Subjects

Information Organization – LIS 5703
Dr. Mary Prentice
Subjects Paper
By Daniel Lanza
4 August 2011

The best approach for locating information resources is searching digital content. Digital searching is much faster than scanning through physical objects such as paper books, etc.. There are a vast amount of resources available today, especially on the Internet. Users typically start their quest for knowledge by performing a keyword search on systems like Google. Many times these results can be overwhelming, it’s almost always more efficient to use a controlled vocabulary system like a library catalog to find published resources in a specific subject area. There is a big difference in the way that folksonomy and controlled vocabulary systems retrieve and organize information. For the purposes of this assignment, I chose to focus on a specific subject area related to the resource: Libraries, the Internet, and scholarship (Contribute 2).

Controlled Vocabulary

Taylor defines a controlled vocabulary as, “a list or database of subject terms in which all terms or phrases representing a concept are brought together” (Taylor 2009). The terms are meant to be as consistent, reliable, and predictable as possible. There are three categories of controlled vocabularies: subject heading lists, thesauri, and ontologies. Some of the challenges of controlled vocabulary systems are specificity of terms, synonymous terms, sequence and form of multi-word terms, and qualification of terms.
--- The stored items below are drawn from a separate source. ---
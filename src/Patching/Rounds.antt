-- ===== src/Patching/Rounds.antt =====
-- util/patch/patch.go: one round of the patch of the conditions.
use addonconfig.Common.Result.{Result, ok, err, err_not_ok}
use addonconfig.Common.{
  ℕ, suc, ◌≡◌, refl, sym, ap, ap₂, ◌∙◌, subst, Bool, true, false, Option, none, some, List, [], ◌∷◌,
  Bool-cases, inl, inr, arith, ◌+◌, ◌≤◌, length, length-append,
}
use addonconfig.Api.Condition.{ConditionType, Conditions, Time}
use addonconfig.Conditions.Patch.{
  Patch, PatchError, Applied, ApplyOptions, apply, apply_all, with_force_overwrite,
  with_owned_conditions,
}
use addonconfig.Conditions.Alike.{AllAlike, AllAlike-trans, AppliedAlike, apply_all-Alike}
use addonconfig.Patching.Platform.{Platform, ObjectKey}
use addonconfig.Patching.Retry.{
  get_request, locked_request, Attempt, requested, verdict, send_conditions, send_applied,
  merge_latest, try_conditions,
}

abbrev pub chosen : Bool → List ConditionType → ApplyOptions
chosen force_overwrite owned = record {
  owned_conditions = owned;
  force_overwrite = force_overwrite;
}

abbrev pub placed : Applied → Result PatchError (Option Conditions × Patch)
placed (err e) = err e
placed (ok (latest, patch)) = ok (some latest, patch)

-- `Apply` with the options of the helper, on conditions that are there.
pub apply-apply_all :
    (clock : ℕ → Time) (patch : Patch) (latest : Conditions) (force : Bool)
    (owned : List ConditionType)
    → apply clock patch
        (some latest)
        (some (with_force_overwrite force) ∷ some (with_owned_conditions owned) ∷ [])
      ≡ placed (apply_all clock (chosen force owned) patch latest)
unfolding apply apply_all with_force_overwrite with_owned_conditions
apply-apply_all clock [] latest force owned = refl
apply-apply_all clock (op ∷ patch) latest force owned = refl

module _ {Error Object : Type 0} (p : Platform Error Object) where
  -- The round that was finished has sent these conditions for the object that it had read.
  pub record Sent (key : ObjectKey) (o : ApplyOptions) (a a' : Attempt p) : Type 0 where
    pub latest : Object
    pub read : p.State
    pub was_read : p.get a.world.server key ≡ (read, ok latest)
    pub conditions : Conditions
    pub patch : Patch
    pub applied :
        apply_all (p.clock a.round) o a.patch (p.get_conditions latest) ≡ ok (conditions, patch)
    pub accepted :
        p.patch_locked read latest (p.set_conditions latest conditions) ≡ (a'.world.server, ok tt)

  -- The next attempt, for what the request came to.
  abbrev sent_attempt :
      Attempt p → Patch → p.State × Result Error (Unit {0}) → Attempt p × Result Error Bool
  sent_attempt a patch (s, r) = (
    record { world = requested p a.world locked_request s; patch = patch; round = suc a.round },
    verdict p r,
  )

  verdict-ok : (r : Result Error (Unit {0})) → verdict p r ≡ ok true → r ≡ ok tt
  verdict-ok (ok u) h = refl
  verdict-ok (err e) h = elim (Bool-cases (p.is_conflict e)) [
    | inl conflict ↦
        let f : ◌≡◌ {A = Result Error Bool} (ok false) (ok true) = rw conflict at h in cc
    | inr other ↦ let f : ◌≡◌ {A = Result Error Bool} (err e) (ok true) = rw other at h in cc
  ]

  sent_attempt-accepted :
      (a a' : Attempt p) (patch : Patch) (r : p.State × Result Error (Unit {0}))
      → sent_attempt a patch r ≡ (a', ok true)
      → r ≡ (a'.world.server, ok tt)
  sent_attempt-accepted a a' patch (s, r) h i =
      ((ap (λ t. t.0.world.server) h) i, verdict-ok r (ap (λ t. t.1) h) i)

  send_conditions-accepted :
      (a a' : Attempt p) (latest : Object) (cs : Conditions) (patch : Patch)
      → send_conditions p a latest cs patch ≡ (a', ok true)
      → p.patch_locked a.world.server latest (p.set_conditions latest cs) ≡ (a'.world.server, ok tt)
  unfolding send_conditions
  send_conditions-accepted a a' latest cs patch h = sent_attempt-accepted a a' patch _ h

  -- What follows the reading, which left the attempt `b`, of the object at the start of the round.
  module _ (key : ObjectKey) (a b : Attempt p) (unchanged : b.patch ≡ a.patch)
      (same_round : b.round ≡ a.round) where
    send_applied-Sent :
        (o : ApplyOptions) (a' : Attempt p) (latest : Object) (r : Applied)
        → p.get a.world.server key ≡ (b.world.server, ok latest)
        → apply_all (p.clock a.round) o a.patch (p.get_conditions latest) ≡ r
        → send_applied p b latest (placed r) ≡ (a', ok true)
        → Sent key o a a'
    send_applied-Sent o a' latest (err e) was_read applied h = absurd (err_not_ok (ap (λ t. t.1) h))
    send_applied-Sent o a' latest (ok (cs, patch)) was_read applied h = record {
      latest = latest;
      read = b.world.server;
      was_read = was_read;
      conditions = cs;
      patch = patch;
      applied = applied;
      accepted = send_conditions-accepted b a' latest cs patch h;
    }

    merge_latest-Sent :
        (force : Bool) (owned : List ConditionType) (a' : Attempt p) (r : Result Error Object)
        → p.get a.world.server key ≡ (b.world.server, r)
        → merge_latest p force owned b r ≡ (a', ok true)
        → Sent key (chosen force owned) a a'
    unfolding merge_latest
    merge_latest-Sent force owned a' (err e) was_read h = absurd (err_not_ok (ap (λ t. t.1) h))
    merge_latest-Sent force owned a' (ok latest) was_read h =
        send_applied-Sent (chosen force owned) a' latest _ was_read
          (ap₂
            (λ n patch. apply_all (p.clock n) (chosen force owned) patch (p.get_conditions latest))
            (sym same_round) (sym unchanged))
          (ap (send_applied p b latest) (
              sym (apply-apply_all (p.clock b.round) b.patch (p.get_conditions latest) force owned))
            ∙ h)

  -- A finished round has sent what `Apply` made of the conditions that it had read.
  pub try_conditions-Sent :
      (force : Bool) (owned : List ConditionType) (key : ObjectKey) (a a' : Attempt p)
      → try_conditions p force owned key a ≡ (a', ok true)
      → Sent key (chosen force owned) a a'
  unfolding try_conditions
  try_conditions-Sent force owned key a a' h =
      merge_latest-Sent key a
        (record a { world = requested p a.world get_request (p.get a.world.server key).0 }) refl
        refl force owned a' (p.get a.world.server key).1 refl h

  send_applied-AllAlike :
      (diff : Patch) (a : Attempt p) (latest : Object) (r : Applied)
      → AllAlike diff a.patch
      → AppliedAlike a.patch r
      → AllAlike diff (send_applied p a latest (placed r)).0.patch
  unfolding send_conditions
  send_applied-AllAlike diff a latest (err e) h k = h
  send_applied-AllAlike diff a latest (ok (cs, patch)) h k = AllAlike-trans h k

  merge_latest-AllAlike :
      (diff : Patch) (force : Bool) (owned : List ConditionType) (a : Attempt p)
      (r : Result Error Object)
      → AllAlike diff a.patch
      → AllAlike diff (merge_latest p force owned a r).0.patch
  unfolding merge_latest
  merge_latest-AllAlike diff force owned a (err e) h = h
  merge_latest-AllAlike diff force owned a (ok latest) h =
      subst (λ r. AllAlike diff (send_applied p a latest r).0.patch)
        (sym (apply-apply_all (p.clock a.round) a.patch (p.get_conditions latest) force owned))
        (send_applied-AllAlike diff a latest _ h (
          apply_all-Alike (p.clock a.round) (chosen force owned) a.patch (p.get_conditions latest)))

  -- A round leaves a patch that is alike to the one before it.
  pub try_conditions-AllAlike :
      (diff : Patch) (force : Bool) (owned : List ConditionType) (key : ObjectKey) (a : Attempt p)
      → AllAlike diff a.patch
      → AllAlike diff (try_conditions p force owned key a).0.patch
  unfolding try_conditions
  try_conditions-AllAlike diff force owned key a h =
      merge_latest-AllAlike diff force owned
        (record a { world = requested p a.world get_request (p.get a.world.server key).0 })
        (p.get a.world.server key).1 h

  abbrev pub requests : Attempt p → ℕ
  requests a = length a.world.log

  length-send_applied :
      (a : Attempt p) (latest : Object) (r : Result PatchError (Option Conditions × Patch))
      → requests (send_applied p a latest r).0 ≤ requests a + 1
  unfolding send_conditions
  length-send_applied a latest (err e) = omega arith
  length-send_applied a latest (ok (none, patch)) =
      omega (arith, length-append {0} a.world.log (locked_request ∷ []))
  length-send_applied a latest (ok (some cs, patch)) =
      omega (arith, length-append {0} a.world.log (locked_request ∷ []))

  length-merge_latest :
      (force : Bool) (owned : List ConditionType) (a : Attempt p) (r : Result Error Object)
      → requests (merge_latest p force owned a r).0 ≤ requests a + 1
  unfolding merge_latest
  length-merge_latest force owned a (err e) = omega arith
  length-merge_latest force owned a (ok latest) = length-send_applied a latest _

  -- A round makes two requests at most.
  pub length-try_conditions :
      (force : Bool) (owned : List ConditionType) (key : ObjectKey) (a : Attempt p)
      → requests (try_conditions p force owned key a).0 ≤ requests a + 2
  unfolding try_conditions
  length-try_conditions force owned key a =
      let a' : Attempt p = record a {
        world = requested p a.world get_request (p.get a.world.server key).0;
      } in
      omega (
        arith,
        length-merge_latest force owned a' (p.get a.world.server key).1,
        length-append {0} a.world.log (get_request ∷ []),
      )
Subject heading lists are primarily used by the library community, the most popular and widely used list is the Library of Congress Subject Headings (LCSH). The LCSH strives to provide subject access to information resources by using terminology that is consistent and reliable rather than uncontrolled and unpredictable. The Library of Congress (LOC) calls the records in the LCSH “Authority Records” because they cover more than just subjects. The LOC describes an authority record as “a tool used by librarians to establish forms of names (for persons, places, meetings, and organizations), titles, and subjects used on bibliographic records. (LOC 2009)” It is important to understand that authority records do not represent materials in the Library’s collection, rather they are a tool used to help organize the library catalog and assist users in finding those materials. The scope of the LCSH is wide ranging because there is an almost infinite number of subjects possible.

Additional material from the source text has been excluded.